A quoi, selon vous, pourrait ressembler l’histoire – en tant que discipline – de demain ?
Claire Judde de Larivière – Des tendances sont déjà en train de se dessiner. Par exemple, ce qu’on appelle « Histoire mondiale ou globale » aux Etats-Unis et « Histoire connectée » en France. On réécrit l’histoire du monde dans une perspective non centrée, en ne prenant plus l’Europe ou l’Amérique du nord comme point de référence. Ça risque de devenir vraiment passionnant à partir du moment où les archives en Asie, en Afrique ou en Inde vont être ouvertes et explorées. Grâce aux évolutions techniques, il va également y avoir de nouvelles capacités d’analyse – et par conséquent de nouveaux enjeux.
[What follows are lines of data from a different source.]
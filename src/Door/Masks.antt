-- ===== src/Door/Masks.antt =====
-- Which outputs `unlock_door` and `lock_door` of door_controller/door_controller.c may drive.
use osdp_roger_acs.Base.{
  ℕ, ◌+◌, ◌-◌, ◌*◌, ◌^◌, ◌≤◌, ◌<◌, ◌⊎◌, inl, inr, min, ◌≡◌, ◌∙◌, arith, bit_and, not32,
}
use osdp_roger_acs.Base.{
  bit, bit-above, bit-u32, bit-not32, bit-bit_and, bit-shift, bit-shift_below,
}
use osdp_roger_acs.Base.{bit-le-one, zero_of_bits, bit_and-le, zero-bit_and}
use native.Mathlib.Decide.{dec_lt}
use osdp_roger_acs.Door.{Door}
use osdp_roger_acs.Door.Lock.{unlock_mask, lock_mask}

-- Subdoor `k` drives output `mask_offset + k`: while that is below 32, `unlock_door` sets its bit
-- exactly if the subdoor is asked for, is one of the door's, and is neither held by the airlock
-- nor administratively disabled.
pub unlock_mask-bit :
    (d : Door) (mask k : ℕ)
    → d.mask_offset + k < 32
    → bit (d.mask_offset + k) (unlock_mask d mask)
      ≡ min
          (min (min (bit k mask) (bit k d.mask_full)) (1 - bit k d.air_lock_mask))
          (1 - bit k d.adm_disable_mask)
unfolding unlock_mask
unlock_mask-bit d mask k h =
    let wanted = bit_and (bit_and mask d.mask_full) (not32 d.air_lock_mask) in
    omega (
      arith,
      bit-u32 (d.mask_offset + k) (bit_and wanted (not32 d.adm_disable_mask) * 2 ^ d.mask_offset) h,
      bit-shift d.mask_offset k (bit_and wanted (not32 d.adm_disable_mask)),
      bit-bit_and k wanted (not32 d.adm_disable_mask),
      bit-bit_and k (bit_and mask d.mask_full) (not32 d.air_lock_mask),
      bit-bit_and k mask d.mask_full,
      bit-not32 k d.air_lock_mask (omega arith),
      bit-not32 k d.adm_disable_mask (omega arith),
    )

-- The bit of output `mask_offset + k`, while that is below 32, is set by `lock_door` exactly if
-- the subdoor is asked for, is one of the door's and is not administratively disabled; the airlock
-- does not count.
pub lock_mask-bit :
    (d : Door) (mask k : ℕ)
    → d.mask_offset + k < 32
    → bit (d.mask_offset + k) (lock_mask d mask)
      ≡ min (min (bit k mask) (bit k d.mask_full)) (1 - bit k d.adm_disable_mask)
unfolding lock_mask
lock_mask-bit d mask k h =
    let wanted = bit_and mask d.mask_full in
    omega (
      arith,
      bit-u32 (d.mask_offset + k) (bit_and wanted (not32 d.adm_disable_mask) * 2 ^ d.mask_offset) h,
      bit-shift d.mask_offset k (bit_and wanted (not32 d.adm_disable_mask)),
      bit-bit_and k wanted (not32 d.adm_disable_mask),
      bit-bit_and k mask d.mask_full,
      bit-not32 k d.adm_disable_mask (omega arith),
    )

-- The outputs of the doors below this one in the word are never driven.
pub unlock_mask-below :
    (d : Door) (mask k : ℕ) → k < d.mask_offset → k < 32 → bit k (unlock_mask d mask) ≡ 0
unfolding unlock_mask
unlock_mask-below d mask k h fits = bit-u32 k _ fits ∙ bit-shift_below d.mask_offset k _ h

-- No output below the first of the door, nor above the word.
pub unlock_mask-outside :
    (d : Door) (mask k : ℕ) → (k < d.mask_offset) ⊎ (32 ≤ k) → bit k (unlock_mask d mask) ≡ 0
unfolding unlock_mask
unlock_mask-outside d mask k outside = elim (dec_lt k 32) [
  | yes low ↦ elim outside [
    | inl below ↦ unlock_mask-below d mask k below low
    | inr high ↦ absurd (omega arith)
  ]
  | no high ↦ bit-above 32 k _ (omega arith) (omega arith)
]

-- A door whose subdoors are all blocked has nothing to unlock.
pub unlock_mask-blocked :
    (d : Door) (mask : ℕ)
    → d.mask_full < 2 ^ 32
    → ((k : ℕ) → k < 32 → bit k d.mask_full ≤ bit k d.air_lock_mask)
    → unlock_mask d mask ≡ 0
unfolding unlock_mask
unlock_mask-blocked d mask fits blocked =
    let wanted = bit_and (bit_and mask d.mask_full) (not32 d.air_lock_mask) in
    let none_left : wanted ≡ 0 =
      zero_of_bits 32 wanted
        (omega (
          arith,
          bit_and-le (bit_and mask d.mask_full) (not32 d.air_lock_mask),
          bit_and-le mask d.mask_full,
        ))
        (λ k lt. omega (
          arith,
          blocked k lt,
          bit-bit_and k (bit_and mask d.mask_full) (not32 d.air_lock_mask),
          bit-bit_and k mask d.mask_full,
          bit-not32 k d.air_lock_mask lt,
          bit-le-one k d.mask_full,
          bit-le-one k d.air_lock_mask,
        )) in
    rw (none_left, zero-bit_and) (omega arith)
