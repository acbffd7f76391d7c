-- ===== src/Door/Frame.antt =====
-- What the operations of Door/Lock leave alone: the doors' fields but for the lock timer of the
-- door itself and the airlock mask of its partner.
use osdp_roger_acs.Base.{ℕ, ◌≡◌, refl, ◌∙◌, ◌≢◌, arith, ◌==◌}
use osdp_roger_acs.Base.{Option, none, some, Option-cases, Bool-cases, ==_iff, inl, inr, all_ones}
use osdp_roger_acs.Reader.{Signal, blocked, unblocked, door_open}
use osdp_roger_acs.Reader
use osdp_roger_acs.Door.{Door, World, emit, door_state, do_lock}
use osdp_roger_acs.Door.Lock.{set_air_lock, door_signal, signal_door_status, air_lock_on_partner}
use osdp_roger_acs.Door.Lock.{start_lock_timer, unlock_door, lock_door, unlock_mask, lock_mask}

pub doors-door_signal : (i : ℕ) (s : Signal) (w : World) → (door_signal i s w).doors ≡ w.doors
unfolding door_signal
doors-door_signal i s w = ground arith

pub doors-signal_door_status : (i : ℕ) (w : World) → (signal_door_status i w).doors ≡ w.doors
unfolding signal_door_status
doors-signal_door_status i w =
    ground (arith, doors-door_signal i blocked w, doors-door_signal i unblocked w)

-- Two doors that differ at most in the airlock mask and the lock timer.
pub record SameButLock (d e : Door) : Type 0 where
  pub same_name : e.door_name ≡ d.door_name
  pub same_a : e.reader_a ≡ d.reader_a
  pub same_b : e.reader_b ≡ d.reader_b
  pub same_input : e.last_input ≡ d.last_input
  pub same_alarm : e.alarm_timers ≡ d.alarm_timers
  pub same_offset : e.mask_offset ≡ d.mask_offset
  pub same_full : e.mask_full ≡ d.mask_full
  pub same_disable : e.adm_disable_mask ≡ d.adm_disable_mask
  pub same_partner : e.air_lock_partner_local ≡ d.air_lock_partner_local

set_air_lock-SameButLock :
    (p : ℕ) (m : Option ℕ) (w : World) (j : ℕ)
    → SameButLock (w.doors j) ((set_air_lock p m w).doors j)
      × (((set_air_lock p m w).doors j).door_lock_timer ≡ (w.doors j).door_lock_timer)
unfolding set_air_lock
set_air_lock-SameButLock p none w j = ground arith
set_air_lock-SameButLock p (some m) w j = ground arith

pub air_lock_on_partner-SameButLock :
    (i mask : ℕ) (w : World) (j : ℕ)
    → SameButLock (w.doors j) ((air_lock_on_partner i mask w).doors j)
      × (((air_lock_on_partner i mask w).doors j).door_lock_timer ≡ (w.doors j).door_lock_timer)
unfolding air_lock_on_partner
air_lock_on_partner-SameButLock i mask w j =
    elim (Option-cases (w.doors i).air_lock_partner_local) [
      | inl e ↦ rw (e, air_lock_on_partner) (ground arith)
      | inr (p, e) ↦
          rw (e, air_lock_on_partner)
            (rw doors-signal_door_status (set_air_lock-SameButLock p _ w j))
    ]

doors_count-door_signal :
    (i : ℕ) (s : Signal) (w : World) → (door_signal i s w).doors_count ≡ w.doors_count
unfolding door_signal
doors_count-door_signal i s w = ground arith

pub doors_count-signal_door_status :
    (i : ℕ) (w : World) → (signal_door_status i w).doors_count ≡ w.doors_count
unfolding signal_door_status
doors_count-signal_door_status i w =
    ground (arith, doors_count-door_signal i blocked w, doors_count-door_signal i unblocked w)

doors_count-set_air_lock :
    (p : ℕ) (m : Option ℕ) (w : World) → (set_air_lock p m w).doors_count ≡ w.doors_count
unfolding set_air_lock
doors_count-set_air_lock p none w = refl
doors_count-set_air_lock p (some m) w = refl

pub doors_count-air_lock_on_partner :
    (i mask : ℕ) (w : World) → (air_lock_on_partner i mask w).doors_count ≡ w.doors_count
unfolding air_lock_on_partner
doors_count-air_lock_on_partner i mask w = elim (Option-cases (w.doors i).air_lock_partner_local) [
  | inl e ↦ rw (e, air_lock_on_partner)
  | inr (p, e) ↦
      rw (e, air_lock_on_partner)
        (doors_count-signal_door_status i _ ∙ doors_count-set_air_lock p _ w)
]

-- The doors after an unlock that drives an output.
pub doors-unlock_door :
    (i mask : ℕ) (w : World)
    → unlock_mask (w.doors i) mask ≢ 0
    → (unlock_door i mask w).1.doors ≡ (start_lock_timer i (air_lock_on_partner i all_ones w)).doors
unfolding unlock_door start_lock_timer
doors-unlock_door i mask w h = elim (Bool-cases (unlock_mask (w.doors i) mask == 0)) [
  | inl e ↦ absurd (h ((==_iff _ 0).0 e))
  | inr e ↦ rw e (doors-door_signal i door_open _)
]

pub unlock_door-zero :
    (i mask : ℕ) (w : World) → unlock_mask (w.doors i) mask ≡ 0 → unlock_door i mask w ≡ (0, w)
unfolding unlock_door
unlock_door-zero i mask w h = rw h

pub doors_count-unlock_door :
    (i mask : ℕ) (w : World) → (unlock_door i mask w).1.doors_count ≡ w.doors_count
unfolding unlock_door start_lock_timer
doors_count-unlock_door i mask w = elim (Bool-cases (unlock_mask (w.doors i) mask == 0)) [
  | inl e ↦ rw e
  | inr e ↦
      rw e (doors_count-door_signal i door_open _ ∙ doors_count-air_lock_on_partner i all_ones w)
]

-- An unlock starts the door's own lock timer or leaves it, and leaves every other.
pub unlock_door-SameButLock :
    (i mask : ℕ) (w : World) (j : ℕ) → SameButLock (w.doors j) ((unlock_door i mask w).1.doors j)
unfolding start_lock_timer
unlock_door-SameButLock i mask w j = elim (Bool-cases (unlock_mask (w.doors i) mask == 0)) [
  | inl e ↦ rw (unlock_door-zero i mask w ((==_iff _ 0).0 e)) (ground arith)
  | inr e ↦
      rw (doors-unlock_door i mask w (λ z. ground arith))
        (ground (arith, air_lock_on_partner-SameButLock i all_ones w j))
]

-- The doors after `lock_door` are those after its call of `airLockOnPartner`.
pub doors-lock_door :
    (i mask : ℕ) (w : World)
    → lock_mask (w.doors i) mask ≢ 0
    → (lock_door i mask w).1.doors
      ≡ (air_lock_on_partner i 0 (emit (door_state do_lock (lock_mask (w.doors i) mask)) w)).doors
unfolding lock_door
doors-lock_door i mask w h = elim (Bool-cases (lock_mask (w.doors i) mask == 0)) [
  | inl e ↦ absurd (h ((==_iff _ 0).0 e))
  | inr e ↦ rw e (doors-door_signal i Reader.Signal.door_lock _)
]

pub lock_door-zero :
    (i mask : ℕ) (w : World) → lock_mask (w.doors i) mask ≡ 0 → lock_door i mask w ≡ (0, w)
unfolding lock_door
lock_door-zero i mask w h = rw h

-- A lock leaves the lock timers of all doors, its own too.
pub lock_door-SameButLock :
    (i mask : ℕ) (w : World) (j : ℕ)
    → SameButLock (w.doors j) ((lock_door i mask w).1.doors j)
      × (((lock_door i mask w).1.doors j).door_lock_timer ≡ (w.doors j).door_lock_timer)
lock_door-SameButLock i mask w j = elim (Bool-cases (lock_mask (w.doors i) mask == 0)) [
  | inl e ↦ rw (lock_door-zero i mask w ((==_iff _ 0).0 e)) (ground arith)
  | inr e ↦
      rw (doors-lock_door i mask w (λ z. ground arith)) (air_lock_on_partner-SameButLock i 0 _ j)
]

pub doors_count-lock_door :
    (i mask : ℕ) (w : World) → (lock_door i mask w).1.doors_count ≡ w.doors_count
unfolding lock_door
doors_count-lock_door i mask w = elim (Bool-cases (lock_mask (w.doors i) mask == 0)) [
  | inl e ↦ rw e
  | inr e ↦
      rw e (
        doors_count-door_signal i Reader.Signal.door_lock _ ∙ doors_count-air_lock_on_partner i 0 _)
]
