-- ===== src/Backend/Opi/NvmeDeletions.antt =====
-- The deletions of `opiInitiatorNvme` on the record of its objects.
use spdk_csi.Prelude.{Bool}
use spdk_csi.Effect.Triple.{Triple, Triple-same}
use spdk_csi.Target.Nvmf.{Map}
use spdk_csi.Backend.Opi.{
  on_service, Kind, remote_controller, path, subsystem, controller, namespace, Services,
  set_remote_controller_name, set_path_name, delete_nvme_remote_controller, delete_nvmf_path,
  delete_request,
}
use spdk_csi.Backend.Opi.Ledger.{recorded, Assumptions}
use spdk_csi.Backend.Opi.Steps.{Stage, nothing}
use spdk_csi.Backend.Opi.Moves.{drop_name-Triple}
use spdk_csi.Backend.Opi.Requests.{zoom-drop_name, delete_at}
use spdk_csi.Backend.Opi.Nvme.{
  on_common, set_subsystem_name, set_namespace_name, set_controller_name, delete_nvme_subsystem,
  delete_nvme_controller, delete_nvme_namespace,
}
use spdk_csi.Backend.Opi.NvmeSteps.{
  common_part, world_part, view, beside, subsystem-Field, controller-Field, namespace-Field,
  remote_controller-Field, path-Field, Shrunk,
}

module _ {W : Type 0} (services : Services W) (volume_context : Map) (Refused : Type 0)
    (safe : Assumptions services Refused) {f : Kind → Bool} where
  pub delete_namespace-Triple :
      Triple
        (Stage view f nothing)
        (delete_nvme_namespace (recorded services) volume_context)
        (λ _ s. Shrunk f namespace s)
        (λ _ s. Stage view f nothing s × Refused)
  unfolding delete_nvme_namespace
  delete_namespace-Triple =
      drop_name-Triple view namespace set_namespace_name namespace-Field _ Refused _ (record {
        at = λ n.
            delete_at view world_part beside services Refused safe (delete_request namespace n);
      })

  pub delete_controller-Triple :
      Triple
        (Stage view f nothing)
        (delete_nvme_controller (recorded services) volume_context)
        (λ _ s. Shrunk f controller s)
        (λ _ s. Stage view f nothing s × Refused)
  unfolding delete_nvme_controller
  delete_controller-Triple =
      drop_name-Triple view controller set_controller_name controller-Field _ Refused _ (record {
        at = λ n.
            delete_at view world_part beside services Refused safe (delete_request controller n);
      })

  pub delete_subsystem-Triple :
      Triple
        (Stage view f nothing)
        (delete_nvme_subsystem (recorded services) volume_context)
        (λ _ s. Shrunk f subsystem s)
        (λ _ s. Stage view f nothing s × Refused)
  unfolding delete_nvme_subsystem
  delete_subsystem-Triple = record {
    at = λ s h.
        (drop_name-Triple view subsystem set_subsystem_name subsystem-Field _ Refused _ (record {
          at = λ n.
              delete_at view world_part beside services Refused safe (delete_request subsystem n);
        })).at
          s h;
  }

  pub delete_path-Triple :
      Triple
        (Stage view f nothing)
        (on_common (delete_nvmf_path (recorded services) volume_context))
        (λ _ s. Shrunk f path s)
        (λ _ s. Stage view f nothing s × Refused)
  unfolding delete_nvmf_path
  delete_path-Triple =
      Triple-same _ _
        (zoom-drop_name common_part (λ e. e) (λ c. c.path_name)
          (λ n. on_service ((recorded services).delete (delete_request path n))) set_path_name)
        (drop_name-Triple view path _ path-Field (λ e. e) Refused _
          (record {
            at =
                λ n. delete_at view world_part beside services Refused safe (delete_request path n);
          }))

  pub delete_remote_controller-Triple :
      Triple
        (Stage view f nothing)
        (on_common (delete_nvme_remote_controller (recorded services) volume_context))
        (λ _ s. Shrunk f remote_controller s)
        (λ _ s. Stage view f nothing s × Refused)
  unfolding delete_nvme_remote_controller
  delete_remote_controller-Triple =
      Triple-same _ _
        (zoom-drop_name common_part (λ e. e) (λ c. c.remote_controller_name)
          (λ n. on_service ((recorded services).delete (delete_request remote_controller n)))
          set_remote_controller_name)
        (drop_name-Triple view remote_controller _ remote_controller-Field (λ e. e) Refused _
          (record {
            at = λ n.
                delete_at view world_part beside services Refused safe
                  (delete_request remote_controller n);
          }))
Charles-Henri Lavielle – Je suis persuadé que nous allons voir apparaître des historiens africains, par exemple, qui vont (re)construire l’histoire de l’Afrique à partir des sources à leur disposition et de leur point de vue. Cela va forcément apporter un nouvel éclairage sur notre perception de l’histoire du monde.
Claire Judde de Larivière – Actuellement, il y a également toute une réflexion autour de l’écriture de l’histoire. On cherche de nouveaux moyens de la restituer, de la raconter, par exemple avec la bande dessinée ou même le jeu vidéo. Quand j’étais étudiante en première année de fac d’histoire, une prof avait avancé une idée qui m’avait fasciné et continue de me fasciner. Elle avait dit qu’il serait peut-être possible un jour de lire à la façon de microsillons les ondes laissées par la voix du potier grec dans la poterie qu’il était en train de réaliser. Qui sait ? Par un procédé technique ou un autre, nous parviendrons peut-être un jour à entendre les voix des hommes de l’Antiquité.